Литмир - Электронная Библиотека
A
A

И девушка смеялась, словно разговаривала о цветах. Валек стоял, слушал, и его чрезвычайно занимала поэтическая сторона этого щебетанья среди гробов. Линка посмотрела на него и вздохнула; очевидно, по природе она была болтлива, а продолжительное молчание делало этот разговор еще интереснее.

— А знаете, почему я вам обрадовалась? — спросила она.

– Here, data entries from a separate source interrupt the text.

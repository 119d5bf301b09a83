-- ===== src/Core/Models/Promises.antt =====
-- The responsibilities promised on entering a state: `Responsibility.resolve`,
-- `Task.current_entry`, `Task.resolve_responsibility` and `Task.outstanding_responsibilities`.
pub mod Resolved
use panopticon_next.Base.{
  String, ◌≡◌, refl, Bool, true, false, ◌&&◌, Option, none, some, List, [], ◌∷◌, arith,
  if◌then◌else◌, Result, ok, value_error, index_error, raise_if, or_raise, ◌>>=◌, ◌>>◌, ◌==◌,
  is_blank, select, get_last?, map, contains, length, ◌≤◌, ◌↔◌, inl, inr, Option-cases,
}
use mathlib.Core.Option
use panopticon_next.Core.Models.{Status, Responsibility, HistoryEntry, Task, is_pending}

resolve : Responsibility → Status → Option String → Responsibility
resolve r status comment = record r { status = status; comment = comment }

-- `self.history[-1]`.
abbrev pub current_entry : Task → Option HistoryEntry
current_entry t = get_last? t.history

-- The loop over the promised list: the first promise of that key is resolved in place.
unfoldable pub resolve_in :
    String → Status → Option String → List Responsibility → Option (List Responsibility)
unfolding resolve
resolve_in key status comment [] = none
resolve_in key status comment (r ∷ rs) =
    let rest = resolve_in key status comment rs in
    if r.key == key then some (resolve r status comment ∷ rs) else Option.map (λ rs'. r ∷ rs') rest

abbrev pub set_last {ℓ} : {A : Type ℓ} → List A → A → List A
set_last [] a = []
set_last (x ∷ []) a = a ∷ []
set_last (x ∷ y ∷ xs) a = x ∷ set_last (y ∷ xs) a

abbrev pub no_comment : Option String → Bool
no_comment none = true
no_comment (some c) = is_blank c

abbrev pub is_failed_status : Status → Bool
is_failed_status Status.failed = true
is_failed_status _ = false

unfoldable pub resolve_responsibility : Task → String → Status → Option String → Result Task
unfolding resolve_in
resolve_responsibility t key status comment = do
  raise_if (is_pending status) value_error
  raise_if (is_failed_status status && no_comment comment) value_error
  entry ← or_raise (current_entry t) index_error
  promised ← or_raise (resolve_in key status comment entry.responsibilities) value_error
  ok (record t { history = set_last t.history (record entry { responsibilities = promised }) })

-- The promises of one entry that are still unresolved.
abbrev pub pending_of : HistoryEntry → List Responsibility
pending_of entry = select (λ r. is_pending r.status) entry.responsibilities

unfoldable pub outstanding_responsibilities : Task → Result (List Responsibility)
outstanding_responsibilities t = do
  entry ← or_raise (current_entry t) index_error
  ok (pending_of entry)

-- The keys of a list of promises, in order.
abbrev pub keys : List Responsibility → List String
keys rs = map (λ r. r.key) rs

module _ (key : String) (status : Status) (comment : Option String) where
  -- A promise of that key is found exactly when the list has the key.
  pub resolve_in-eq_none_iff :
      (rs : List Responsibility)
      → (resolve_in key status comment rs ≡ none) ↔ (contains (keys rs) key ≡ false)
  unfolding resolve_in
  resolve_in-eq_none_iff [] = (λ h. refl, λ h. refl)
  resolve_in-eq_none_iff (r ∷ rs) = elim (Option-cases (resolve_in key status comment rs)) [
    | inl e ↦ (
      λ h. ground (arith, resolve_in-eq_none_iff rs),
      λ h. ground (arith, resolve_in-eq_none_iff rs),
    )
    | inr (xs, e) ↦ (
      λ h. ground (arith, resolve_in-eq_none_iff rs),
      λ h. ground (arith, resolve_in-eq_none_iff rs),
    )
  ]
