-- ===== src/Core/Models/Promises/Resolved.antt =====
-- What `Task.resolve_responsibility` of core/models.py does to a task.
use panopticon_next.Base.{
  String, ◌≡◌, ◌≢◌, ◌⊎◌, inl, inr, refl, ap, sym, ◌∙◌, arith, eq_iff, false, ◌&&◌, ◌==◌, Option,
  none, some, List, [], ◌∷◌, ◌++◌, ok, value_error, index_error, or_raise, >>=-eq-ok,
  raise_if->>-eq-ok, or_raise-eq-ok, ok-injective, if◌then◌else◌, is_blank, get_last?, contains,
  Option-cases, Bool-cases,
}
use mathlib.Core.Option.{some-injective}
use panopticon_next.Core.Models.{Status, Responsibility, HistoryEntry, Task, is_pending}
use panopticon_next.Core.Models.Promises.{
  resolve_in, resolve_responsibility, current_entry, set_last, keys, is_failed_status, no_comment,
}

-- Of the promises `rs`, the first one of that key got the status and the comment.
pub record IsResolution (key : String) (status : Status) (comment : Option String)
    (rs rs' : List Responsibility) : Type 0 where
  pub before : List Responsibility
  pub promise : Responsibility
  pub after : List Responsibility
  pub split : rs ≡ before ++ promise ∷ after
  pub named : promise.key ≡ key
  pub first : contains (keys before) key ≡ false
  pub becomes : rs' ≡ before ++ record promise { status = status; comment = comment } ∷ after

-- The current entry of `t` had a promise resolved, and `t'` differs from it in that only.
pub record IsResolved (t : Task) (key : String) (status : Status) (comment : Option String)
    (t' : Task) : Type 0 where
  pub decided : is_pending status ≡ false
  pub explained :
      (status ≢ Status.failed) ⊎ ((c : String) × (comment ≡ some c) × (is_blank c ≡ false))
  pub earlier : List HistoryEntry
  pub entry : HistoryEntry
  pub promises : List Responsibility
  pub current : t.history ≡ earlier ++ entry ∷ []
  pub resolution : IsResolution key status comment entry.responsibilities promises
  pub becomes :
      t' ≡ record t { history = earlier ++ record entry { responsibilities = promises } ∷ [] }

module _ (key : String) (status : Status) (comment : Option String) where
  resolve_in-IsResolution :
      (rs rs' : List Responsibility)
      → resolve_in key status comment rs ≡ some rs'
      → IsResolution key status comment rs rs'
  unfolding resolve_in
  resolve_in-IsResolution [] rs' h = absurd cc
  resolve_in-IsResolution (r ∷ rs) rs' h = elim (Bool-cases (r.key == key)) [
    | inl here ↦ record {
      before = [];
      promise = r;
      after = rs;
      split = refl;
      named = (eq_iff r.key key).0 here;
      first = refl;
      becomes = sym (some-injective _ rs' (rw (here, if◌then◌else◌) at h));
    }
    | inr there ↦ elim (Option-cases (resolve_in key status comment rs)) [
      | inl missing ↦ absurd (ground arith)
      | inr (xs, found) ↦
          let rest = resolve_in-IsResolution rs xs found in
          record {
            before = r ∷ rest.before;
            promise = rest.promise;
            after = rest.after;
            split = ap (λ l. r ∷ l) rest.split;
            named = rest.named;
            first = ground (arith, rest.first);
            becomes =
                sym (some-injective (r ∷ xs) rs' (rw (there, if◌then◌else◌, found) at h))
                ∙ ap (λ l. r ∷ l) rest.becomes;
          }
    ]
  ]

-- A list with a last element ends with it.
last-split :
    (xs : List HistoryEntry) (x y : HistoryEntry)
    → get_last? xs ≡ some x
    → (init : List HistoryEntry) × (xs ≡ init ++ x ∷ []) × (set_last xs y ≡ init ++ y ∷ [])
last-split [] x y h = absurd cc
last-split (a ∷ []) x y h = ([], ap (λ b. b ∷ []) (some-injective a x h), refl)
last-split (a ∷ b ∷ xs) x y h =
    let (init, same, set) = last-split (b ∷ xs) x y h in
    (a ∷ init, ap (λ l. a ∷ l) same, ap (λ l. a ∷ l) set)

is_explained :
    (status : Status) (comment : Option String)
    → (is_failed_status status && no_comment comment) ≡ false
    → (status ≢ Status.failed) ⊎ ((c : String) × (comment ≡ some c) × (is_blank c ≡ false))
is_explained status comment h = elim (Bool-cases (is_failed_status status)) [
  | inr other ↦ inl (λ failed. ground arith)
  | inl failed ↦ inr (at_comment comment (ground arith))
]
  where
    at_comment :
        (o : Option String)
        → no_comment o ≡ false
        → (c : String) × (o ≡ some c) × (is_blank c ≡ false)
    at_comment none e = absurd cc
    at_comment (some c) e = (c, refl, e)

-- A promise that is resolved gets a status other than pending, with a comment that is not blank if it
-- failed. In the current entry the first promise of that key is changed, in its status and comment
-- only, and nothing else of the task is.
pub resolve_responsibility_sound :
    (t t' : Task) (key : String) (status : Status) (comment : Option String)
    → resolve_responsibility t key status comment ≡ ok t'
    → IsResolved t key status comment t'
unfolding resolve_responsibility
resolve_responsibility_sound t t' key status comment h =
    let (decided, h1) = raise_if->>-eq-ok (is_pending status) value_error _ h in
    let (explained, h2) =
      raise_if->>-eq-ok (is_failed_status status && no_comment comment) value_error _ h1 in
    let (entry, current, h3) = >>=-eq-ok (or_raise (current_entry t) index_error) _ h2 in
    let (promises, found, h4) =
      >>=-eq-ok (or_raise (resolve_in key status comment entry.responsibilities) value_error) _
        h3 in
    let (earlier, same, set) =
      last-split t.history entry (record entry { responsibilities = promises })
        (or_raise-eq-ok (current_entry t) index_error current) in
    record {
      decided = decided;
      explained = is_explained status comment explained;
      earlier = earlier;
      entry = entry;
      promises = promises;
      current = same;
      resolution =
          resolve_in-IsResolution key status comment entry.responsibilities promises (
            or_raise-eq-ok (resolve_in key status comment entry.responsibilities) value_error
              found);
      becomes = sym (ok-injective _ t' h4) ∙ ap (λ hs. record t { history = hs }) set;
    }
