-- ===== src/Core/Store.antt =====
-- The integrity rules of src/panopticon/core/store.py, which the store's base class runs before
-- every create and save.
pub mod History
use panopticon_next.Base.{
  String, Bool, true, false, not, ◌&&◌, ◌||◌, Option, none, some, List, [], ◌∷◌, Result, ok, err,
  ◌>>=◌, ◌>>◌, raise_if, or_raise, ◌==◌, eq_option, ltb, length, get_last?, integrity_error,
  index_error, if◌then◌else◌,
}
use panopticon_next.Core.Models.{Status, WakeStatus, Responsibility, HistoryEntry, Task, eq_wake}

unfoldable pub validate_task_consistency : Task → Result (Unit {0})
validate_task_consistency t = do
  last ← or_raise (get_last? t.history) integrity_error
  raise_if (not (t.state == last.to_state)) integrity_error

-- `_transition_facts(prev) == _transition_facts(cur)`.
pub same_facts : HistoryEntry → HistoryEntry → Bool
same_facts p c =
    p.at == c.at
    && eq_option p.from_state c.from_state
    && p.to_state == c.to_state
    && eq_option p.trigger c.trigger
    && eq_option p.note c.note

-- A wake that changes was pending and is settled now.
pub wake_allowed : WakeStatus → WakeStatus → Bool
wake_allowed prev cur =
    eq_wake prev cur || (eq_wake prev WakeStatus.pending && not (eq_wake cur WakeStatus.pending))

pub eq_status : Status → Status → Bool
eq_status Status.pending Status.pending = true
eq_status Status.met Status.met = true
eq_status Status.failed Status.failed = true
eq_status _ _ = false

pub eq_responsibility : Responsibility → Responsibility → Bool
unfolding eq_status
eq_responsibility r s =
    r.key == s.key
    && r.description == s.description
    && eq_status r.status s.status
    && eq_option r.comment s.comment

pub eq_responsibilities : List Responsibility → List Responsibility → Bool
unfolding eq_responsibility
eq_responsibilities [] [] = true
eq_responsibilities [] (s ∷ ss) = false
eq_responsibilities (r ∷ rs) [] = false
eq_responsibilities (r ∷ rs) (s ∷ ss) = eq_responsibility r s && eq_responsibilities rs ss

-- Only the last stored entry may change its promises.
abbrev pub final_promises : List HistoryEntry → HistoryEntry → HistoryEntry → Bool
final_promises [] p c = true
final_promises (_ ∷ _) p c = eq_responsibilities p.responsibilities c.responsibilities

-- The loop over the stored entries; the length was checked before it.
pub entries_append_only : List HistoryEntry → List HistoryEntry → Result (Unit {0})
unfolding same_facts wake_allowed
entries_append_only [] incoming = ok tt
entries_append_only (p ∷ ps) [] = err index_error
entries_append_only (p ∷ ps) (c ∷ cs) = do
  let rest = entries_append_only ps cs
  raise_if (not (same_facts p c)) integrity_error
  raise_if (not (wake_allowed p.wake_status c.wake_status)) integrity_error
  raise_if (not (final_promises ps p c)) integrity_error
  rest

unfoldable pub validate_history_append_only :
    List HistoryEntry → List HistoryEntry → Result (Unit {0})
unfolding entries_append_only
validate_history_append_only stored incoming = do
  raise_if (ltb (length incoming) (length stored)) integrity_error
  entries_append_only stored incoming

— Потому что, не видя никого, соскучились от долгого молчания?

— О, нет! Но потому, что лицо ваше так напоминает мне мать, словно вы были ей братом.

Валек побледнел, но улыбнулся.

— А кто ж была ваша мать? — спросил он нетвердым голосом.

— Мать моя была очень хорошего и почтенного рода, — отвечала Линка, оборачиваясь к Валеку, — только несчастного. Она из семейства Лузинских.

Валек вздрогнул, но молчал, стараясь не показать и вида беспокойства.

— Из тех Лузинских, — продолжала Линка, — убогая хата которых стоит и теперь над плотиной, и из которых один — так говорят по крайней мере, я достоверно не знаю — убил кого-то в Турове.

Молодой человек опустил голову; ему стало холодно.

— Но как вы напоминаете мне мать!

Не оставалось Валеку сомнения, что дочь гробовщика была ему родственница. Мысль эта охладила и поразила его; но хорошенькие глазки девушки привлекали его; и вся эта история странно удовлетворяла болезненное воображение. Сама эта светло-русая Линка, со всей своей милой простотой и наивностью, не заняла бы его решительно, если б встретилась на улице с ведром воды. Но здесь все смахивало на балладу. Валеку казалось, что сама судьба набрасывает ему канву для великого произведения. Но для этого везде есть канва, только нет художников.

Облокотясь о притолоку, смотрел он на девушку, занятую вязаньем, которая рада была гостю и охотно развлекала себя и его.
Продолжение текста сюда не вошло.